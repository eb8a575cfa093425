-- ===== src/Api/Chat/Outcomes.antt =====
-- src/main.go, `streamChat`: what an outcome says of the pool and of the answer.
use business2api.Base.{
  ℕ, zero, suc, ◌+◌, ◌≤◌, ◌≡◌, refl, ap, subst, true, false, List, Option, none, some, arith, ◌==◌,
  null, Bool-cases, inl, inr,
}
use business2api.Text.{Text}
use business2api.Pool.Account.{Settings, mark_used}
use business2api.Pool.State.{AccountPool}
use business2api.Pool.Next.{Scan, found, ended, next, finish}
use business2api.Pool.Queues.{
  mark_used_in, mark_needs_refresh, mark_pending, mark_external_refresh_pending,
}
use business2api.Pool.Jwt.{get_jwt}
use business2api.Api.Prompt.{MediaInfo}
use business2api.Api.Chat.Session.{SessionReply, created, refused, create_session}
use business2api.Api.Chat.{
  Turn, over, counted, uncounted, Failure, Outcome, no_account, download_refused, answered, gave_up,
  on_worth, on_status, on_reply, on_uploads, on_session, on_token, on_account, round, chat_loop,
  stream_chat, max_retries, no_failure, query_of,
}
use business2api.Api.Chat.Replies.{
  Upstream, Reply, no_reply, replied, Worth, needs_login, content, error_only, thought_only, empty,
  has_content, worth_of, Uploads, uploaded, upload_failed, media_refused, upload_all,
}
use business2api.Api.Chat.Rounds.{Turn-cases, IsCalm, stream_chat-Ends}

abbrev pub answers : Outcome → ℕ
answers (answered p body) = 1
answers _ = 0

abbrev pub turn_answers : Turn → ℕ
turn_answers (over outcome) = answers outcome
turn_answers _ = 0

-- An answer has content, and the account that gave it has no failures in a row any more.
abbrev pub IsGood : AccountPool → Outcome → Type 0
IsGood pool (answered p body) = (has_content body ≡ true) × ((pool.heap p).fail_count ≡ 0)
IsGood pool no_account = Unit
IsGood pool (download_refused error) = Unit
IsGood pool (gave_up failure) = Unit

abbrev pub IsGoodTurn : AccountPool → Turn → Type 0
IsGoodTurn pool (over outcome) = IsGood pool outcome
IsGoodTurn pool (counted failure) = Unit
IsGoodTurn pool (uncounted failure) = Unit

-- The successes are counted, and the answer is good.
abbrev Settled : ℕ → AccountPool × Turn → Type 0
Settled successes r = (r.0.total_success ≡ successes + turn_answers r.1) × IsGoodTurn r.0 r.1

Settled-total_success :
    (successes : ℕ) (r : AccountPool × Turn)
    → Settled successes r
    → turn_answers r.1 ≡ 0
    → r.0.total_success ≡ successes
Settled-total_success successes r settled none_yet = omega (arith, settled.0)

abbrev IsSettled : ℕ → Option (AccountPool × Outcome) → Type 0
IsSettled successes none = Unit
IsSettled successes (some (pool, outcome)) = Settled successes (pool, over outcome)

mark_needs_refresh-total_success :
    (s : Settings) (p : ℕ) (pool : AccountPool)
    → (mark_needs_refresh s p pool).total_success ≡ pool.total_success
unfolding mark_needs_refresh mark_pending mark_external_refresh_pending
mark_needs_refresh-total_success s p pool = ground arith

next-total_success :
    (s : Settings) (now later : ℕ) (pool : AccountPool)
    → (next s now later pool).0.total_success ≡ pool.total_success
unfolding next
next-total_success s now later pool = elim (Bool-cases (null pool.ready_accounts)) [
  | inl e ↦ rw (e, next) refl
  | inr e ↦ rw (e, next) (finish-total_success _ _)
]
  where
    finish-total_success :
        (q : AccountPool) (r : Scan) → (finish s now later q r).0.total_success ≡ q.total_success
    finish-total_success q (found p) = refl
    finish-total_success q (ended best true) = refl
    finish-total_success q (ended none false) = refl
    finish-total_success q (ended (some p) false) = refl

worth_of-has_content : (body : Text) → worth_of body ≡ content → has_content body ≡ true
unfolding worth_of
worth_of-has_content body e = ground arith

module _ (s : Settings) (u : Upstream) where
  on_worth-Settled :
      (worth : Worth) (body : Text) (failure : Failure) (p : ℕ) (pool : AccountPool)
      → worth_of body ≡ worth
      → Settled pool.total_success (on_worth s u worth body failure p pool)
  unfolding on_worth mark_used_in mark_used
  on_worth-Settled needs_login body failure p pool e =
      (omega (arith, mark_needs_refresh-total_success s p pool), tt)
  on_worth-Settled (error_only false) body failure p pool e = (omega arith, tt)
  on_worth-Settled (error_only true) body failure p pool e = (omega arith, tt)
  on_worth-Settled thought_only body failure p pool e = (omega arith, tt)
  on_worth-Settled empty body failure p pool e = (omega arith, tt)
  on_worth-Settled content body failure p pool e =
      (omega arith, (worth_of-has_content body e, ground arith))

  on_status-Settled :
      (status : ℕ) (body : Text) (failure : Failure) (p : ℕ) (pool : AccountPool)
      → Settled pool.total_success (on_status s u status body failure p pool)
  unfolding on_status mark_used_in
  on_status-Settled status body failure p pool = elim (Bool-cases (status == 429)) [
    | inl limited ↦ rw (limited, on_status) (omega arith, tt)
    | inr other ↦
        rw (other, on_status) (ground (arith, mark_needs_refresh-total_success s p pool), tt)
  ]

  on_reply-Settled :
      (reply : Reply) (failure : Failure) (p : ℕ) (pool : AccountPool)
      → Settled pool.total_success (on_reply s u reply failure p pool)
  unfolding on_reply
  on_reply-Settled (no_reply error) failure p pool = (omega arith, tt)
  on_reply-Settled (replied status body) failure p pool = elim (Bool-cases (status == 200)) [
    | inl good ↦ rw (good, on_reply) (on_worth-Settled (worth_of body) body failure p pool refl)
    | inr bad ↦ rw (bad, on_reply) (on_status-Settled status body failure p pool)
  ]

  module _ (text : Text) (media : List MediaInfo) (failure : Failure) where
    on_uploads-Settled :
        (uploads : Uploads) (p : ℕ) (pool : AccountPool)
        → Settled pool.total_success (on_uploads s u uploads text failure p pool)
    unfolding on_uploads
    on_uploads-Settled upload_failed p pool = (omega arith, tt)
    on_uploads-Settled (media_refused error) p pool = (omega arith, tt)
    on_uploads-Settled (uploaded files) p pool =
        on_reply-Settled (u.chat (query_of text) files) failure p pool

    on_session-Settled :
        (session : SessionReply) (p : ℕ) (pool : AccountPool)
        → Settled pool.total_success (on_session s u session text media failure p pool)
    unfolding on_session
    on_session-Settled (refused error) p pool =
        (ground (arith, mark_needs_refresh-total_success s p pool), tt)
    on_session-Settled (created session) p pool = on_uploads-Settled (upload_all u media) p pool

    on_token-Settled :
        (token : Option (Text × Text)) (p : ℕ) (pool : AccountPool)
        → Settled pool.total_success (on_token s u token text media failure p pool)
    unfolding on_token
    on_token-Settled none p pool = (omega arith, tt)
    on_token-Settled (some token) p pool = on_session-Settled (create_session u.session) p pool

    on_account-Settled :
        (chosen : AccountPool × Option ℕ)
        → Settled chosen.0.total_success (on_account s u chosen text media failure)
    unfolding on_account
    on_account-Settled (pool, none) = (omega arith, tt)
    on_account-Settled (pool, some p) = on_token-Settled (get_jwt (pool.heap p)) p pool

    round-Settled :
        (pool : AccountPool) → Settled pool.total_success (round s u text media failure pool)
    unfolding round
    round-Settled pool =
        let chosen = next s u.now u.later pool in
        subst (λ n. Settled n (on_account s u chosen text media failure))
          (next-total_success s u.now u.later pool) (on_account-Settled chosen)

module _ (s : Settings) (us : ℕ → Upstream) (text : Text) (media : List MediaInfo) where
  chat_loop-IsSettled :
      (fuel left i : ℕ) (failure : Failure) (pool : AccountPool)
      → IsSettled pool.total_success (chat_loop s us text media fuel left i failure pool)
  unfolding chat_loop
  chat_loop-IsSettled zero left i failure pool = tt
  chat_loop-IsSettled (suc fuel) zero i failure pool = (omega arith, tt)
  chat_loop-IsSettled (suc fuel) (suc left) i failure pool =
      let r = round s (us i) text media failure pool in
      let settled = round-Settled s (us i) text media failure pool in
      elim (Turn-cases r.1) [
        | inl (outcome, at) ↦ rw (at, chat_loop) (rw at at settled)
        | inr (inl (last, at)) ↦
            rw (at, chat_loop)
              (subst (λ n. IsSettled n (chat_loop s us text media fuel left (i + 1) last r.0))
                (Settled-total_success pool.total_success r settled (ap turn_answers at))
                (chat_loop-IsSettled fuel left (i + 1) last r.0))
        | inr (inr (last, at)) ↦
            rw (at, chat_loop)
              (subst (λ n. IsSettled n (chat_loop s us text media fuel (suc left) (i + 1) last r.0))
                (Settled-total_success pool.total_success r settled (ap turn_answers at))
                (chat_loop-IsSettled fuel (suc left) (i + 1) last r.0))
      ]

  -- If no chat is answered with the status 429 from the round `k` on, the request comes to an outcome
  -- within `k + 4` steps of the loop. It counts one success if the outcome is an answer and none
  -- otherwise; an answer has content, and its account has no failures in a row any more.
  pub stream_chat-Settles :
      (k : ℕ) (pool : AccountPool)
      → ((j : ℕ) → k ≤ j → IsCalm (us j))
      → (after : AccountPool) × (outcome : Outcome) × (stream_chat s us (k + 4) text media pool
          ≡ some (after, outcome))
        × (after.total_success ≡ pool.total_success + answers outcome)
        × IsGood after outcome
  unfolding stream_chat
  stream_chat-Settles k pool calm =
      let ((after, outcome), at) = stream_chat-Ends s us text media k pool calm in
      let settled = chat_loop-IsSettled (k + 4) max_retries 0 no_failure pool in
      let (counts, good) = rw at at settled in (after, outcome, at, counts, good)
***
**To do**
What you return should be exactly the lines above, starting at the one with "turn_answers (over outcome) = answers outcome" and ending at the one with "finish-total_success q (found p) = refl", and nothing else.

**Output**
turn_answers (over outcome) = answers outcome
turn_answers _ = 0

-- An answer has content, and the account that gave it has no failures in a row any more.
abbrev pub IsGood : AccountPool → Outcome → Type 0
IsGood pool (answered p body) = (has_content body ≡ true) × ((pool.heap p).fail_count ≡ 0)
IsGood pool no_account = Unit
IsGood pool (download_refused error) = Unit
IsGood pool (gave_up failure) = Unit

abbrev pub IsGoodTurn : AccountPool → Turn → Type 0
IsGoodTurn pool (over outcome) = IsGood pool outcome
IsGoodTurn pool (counted failure) = Unit
IsGoodTurn pool (uncounted failure) = Unit

-- The successes are counted, and the answer is good.
abbrev Settled : ℕ → AccountPool × Turn → Type 0
Settled successes r = (r.0.total_success ≡ successes + turn_answers r.1) × IsGoodTurn r.0 r.1

Settled-total_success :
    (successes : ℕ) (r : AccountPool × Turn)
    → Settled successes r
    → turn_answers r.1 ≡ 0
    → r.0.total_success ≡ successes
Settled-total_success successes r settled none_yet = omega (arith, settled.0)

abbrev IsSettled : ℕ → Option (AccountPool × Outcome) → Type 0
IsSettled successes none = Unit
IsSettled successes (some (pool, outcome)) = Settled successes (pool, over outcome)

mark_needs_refresh-total_success :
    (s : Settings) (p : ℕ) (pool : AccountPool)
    → (mark_needs_refresh s p pool).total_success ≡ pool.total_success
unfolding mark_needs_refresh mark_pending mark_external_refresh_pending
mark_needs_refresh-total_success s p pool = ground arith

next-total_success :
    (s : Settings) (now later : ℕ) (pool : AccountPool)
    → (next s now later pool).0.total_success ≡ pool.total_success
unfolding next
next-total_success s now later pool = elim (Bool-cases (null pool.ready_accounts)) [
  | inl e ↦ rw (e, next) refl
  | inr e ↦ rw (e, next) (finish-total_success _ _)
]
  where
    finish-total_success :
        (q : AccountPool) (r : Scan) → (finish s now later q r).0.total_success ≡ q.total_success
    finish-total_success q (found p) = refl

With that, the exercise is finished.